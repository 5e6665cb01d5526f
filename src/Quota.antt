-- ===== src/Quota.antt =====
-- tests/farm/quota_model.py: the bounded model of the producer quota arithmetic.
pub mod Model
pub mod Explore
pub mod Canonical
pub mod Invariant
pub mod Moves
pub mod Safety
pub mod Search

- ASSIGNMENT -
Give back the data above exactly, so that every line matches.

- TASK ANSWER -
repository 5e6665cb01d5526f
filename src/Quota.antt
-- ===== src/Quota.antt =====
-- tests/farm/quota_model.py: the bounded model of the producer quota arithmetic.
pub mod Model
pub mod Explore
pub mod Canonical
pub mod Invariant
pub mod Moves
pub mod Safety
pub mod Search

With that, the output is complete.